Sorry Rmaddy; I didn't realize this was posted in the HerSailnet forum. I just use the "new" and "popular" functions to find what I hope are interesting threads, and try to contribute; I don't look at what forum it's posted in. Aside from mistaking you for a "him" instead of a "her", I don't think any of my comments or suggestions is otherwise invalidated by my or your gender. Regardless of whether you sit or stand to pee, most of us want a bit of privacy.


----------



## Minnewaska (Feb 21, 2010)

Still have not seen any articulation on how an ask for day-overnight-sailers with an enclosed head is gender specific. If one only values responses based on the gender of the responder, that's not right. I don't even know the gender of most posters here.

I went back and read the origin of the "her" forum. Ironically, one of the more prolific female posters of the time, was cautious about it's need, if not actually opposed. It was men who were trying to create more inclusion. 

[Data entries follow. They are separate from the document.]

-- ===== src/Lib.antt =====
-- pinout lets software agents drive physical devices. What keeps that safe is the core package: a
-- lease manager that says who may use a device, a halt coordinator whose gate every command
-- passes, a safety engine that checks each command against rules and reserves what it consumes,
-- an operation manager that runs long commands, and a store of idempotency keys that keeps a
-- repeated command from running twice. This library models those parts of packages/core/src, the
-- presence of devices of packages/awareness, the Modbus protocol of packages/protocols-modbus, the
-- versions of packages/registry and the store of pending calls of packages/rap, and proves what
-- makes them correct. Paths without a package below are those of packages/core/src.
--
-- Files:
--   Prelude.antt      names passed on, and the helpers of Prelude/: a record of equality tests
--                     with its laws, integers and JavaScript numbers over the native naturals,
--                     results of fallible code, issued ids, JSON values, lists, and
--                     insertion-ordered maps (the JavaScript Map) with their laws.
--   Lease.antt        lease/leaseManager.ts. The state is the map of leases, the counter of the
--                     ids and the longest ttl; acquire, renew, release, forceRelease, get, list,
--                     permits and drainExpired are functions of it. Lease/History has the
--                     sequences of calls.
--   Halt.antt         halt/haltCoordinator.ts. Besides the next state each function answers whom
--                     it told of the change, in order. Halt/Sequence has the sequences of calls.
--   Snapshot.antt     the snapshots of operations, of spec/types.ts and
--                     operation/operationManager.ts.
--   Idempotency.antt  operation/idempotencyStore.ts. The store is an insertion-ordered map, in
--                     which a touched key moves to the end and the first one is evicted.
--                     Idempotency/Remembers is how long a key leads to its operation.
--   Operation.antt    operation/operationManager.ts: the state and transition, settle and
--                     retainOperations; Operation/Begin is begin, Operation/Requests is get,
--                     cancel, reconcile and waitFor, Operation/Tasks is the timer and the
--                     microtask of start, Operation/Report its reportProgress, Operation/Deliver
--                     is waitForResult, Operation/Watch is list, subscribeProgress and
--                     progressIterable. Operation/Hydrate is hydrate, and Operation/History has
--                     the sequences of calls and of steps of the tasks. Operation/Updates,
--                     Operation/CallUpdates and Operation/Remembered follow a key through them.
--   Stream.antt       stream/streamBus.ts: the broker of frames; Stream/Handle is the handle of a
--                     subscriber, closeStream and stats.
--   ByteQueue.antt    transports/byteQueue.ts, the queue between a transport and its reader.
--   Lines.antt        lineReader.ts: the lines of a stream that comes in chunks, and encodeLine.
--                     Lines/Promise is what the reader promises of a whole text.
--   Policy.antt       policy/safety.ts: the kinds of safety rules, and the merge of a module's
--                     rules with those of a deployment. Policy/Evaluate is policy/engine.ts, the
--                     rules on payload and state.
--   Safety.antt       policy/safety.ts: the safety engine, its state and its feeds.
--                     Safety/Enforce is what each kind of rule demands and consumes,
--                     Safety/Reserve is reserve with commit and rollback, enforce, check and
--                     preview, and Safety/Calls has the sequences of calls.
--   Awareness.antt    packages/awareness/src: the presence states of a device, the paths between
--                     them (stateMachine.ts, transitionPath of store.ts) and the sweep for
--                     staleness.
--   Modbus.antt       packages/protocols-modbus/src: wire.ts, the codec. Modbus/Crc is the
--                     checksum, Modbus/Framing the frames over TCP and serial lines,
--                     Modbus/Receive the loop of tcpClient.ts over the bytes that come in,
--                     Modbus/Clients the state of that client and how both clients judge a
--                     response, Modbus/RtuClient the request in flight of rtuClient.ts,
--                     Modbus/Simulator simulator.ts.
--   Registry.antt     packages/registry/src/semver.ts, in Registry/Semver: the versions of device
--                     modules, their order, ranges of them and the best version in a range.
--   Rap.antt          packages/rap/src/pendingStore.ts: the calls and threads that survive a
--                     restart, with the journal and the snapshot on disk. Rap/Recovery is
--                     recovery at the end of a call, Rap/Compaction in the middle of a
--                     compaction.
--
-- How the parts interact: begin consults the idempotency store and records a new operation in it;
-- transition and reconcile write the status in which it ends, its result and its error through to
-- the key. The safety engine evaluates the policies and asks the lease manager of the lease
-- rules. Operations are JavaScript objects that the map of operations, a running task and a
-- caller share, so the model keeps them in a heap: an object stays there when the map has dropped
-- it.
--
-- Conventions: the clock, the random suffixes of ids and the answers of backends are arguments. A
-- promise that other code settles is a step of its own: the body of start is cut at every await,
-- so the sequences of steps are the interleavings of the event loop. The loops are structural
-- recursions on lists; only the loops over the frames and over the lines in a buffer have fuel,
-- one for each byte or character, of which every frame takes at least six and every line one, and
-- the printing of a number, one more than the number. Times and counters are natural numbers, as
-- the code keeps them far below 2^53. In payloads and in the limits of rules a number is any
-- finite one, an odd numerator over a power of two if it is no integer, or none; differences of
-- them are exact.
--
-- Not modelled: the registry of device awareness; the register map of Modbus; the journal, the
-- session and the runtime; the index, publishing and installation of the registry; the server and
-- the adapter of packages/rap; device modules, the transports themselves and the other protocol
-- packages, the daemon and the command line, which are input and output around the core. Texts
-- are coded as bytes, and JSON is parsed and printed, by the language.
pub mod Prelude
pub mod Lease
pub mod Lines
pub mod Halt
pub mod Snapshot
pub mod Idempotency
pub mod Operation
pub mod Stream
pub mod ByteQueue
pub mod Awareness
pub mod Policy
pub mod Safety
pub mod Modbus
pub mod Registry
pub mod Rap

The desire to be more inclusive is important and hope the entire sport can become more so. Trying to get there, by excluding or devaluing the opposite gender, is just repeating the problem, isn't it.


----------



## emcentar (Apr 28, 2009)

I'd say wrt sailing, gender probably matters most in two things: (1) how you are treated on the boat and how that impacts your enjoyment of sailing, and (2) aversion of exposed heads and porti-pottis.

You gentlemen have all been peeing in front of your friends and your bosses your entire lives, you're more inured to it, probably.


----------



## mstern (May 26, 2002)

emcentar said:


> I'd say wrt sailing, gender probably matters most in two things: (1) how you are treated on the boat and how that impacts your enjoyment of sailing, and (2) aversion of exposed heads and porti-pottis.
> 
> You gentlemen have all been peeing in front of your friends and your bosses your entire lives, you're more inured to it, probably.


A very wise and strong-willed feminist I knew back in the day used to insist that the concept of p*** envy was total hors**. Except, she said, when on a camping trip.


----------



## Minnewaska (Feb 21, 2010)

emcentar said:


> You gentlemen have all been peeing in front of your friends and your bosses your entire lives


Not all.


----------



## SchockT (May 21, 2012)

emcentar said:


> I'd say wrt sailing, gender probably matters most in two things: (1) how you are treated on the boat and how that impacts your enjoyment of sailing, and (2) aversion of exposed heads and porti-pottis.
> 
> You gentlemen have all been peeing in front of your friends and your bosses your entire lives, you're more inured to it, probably.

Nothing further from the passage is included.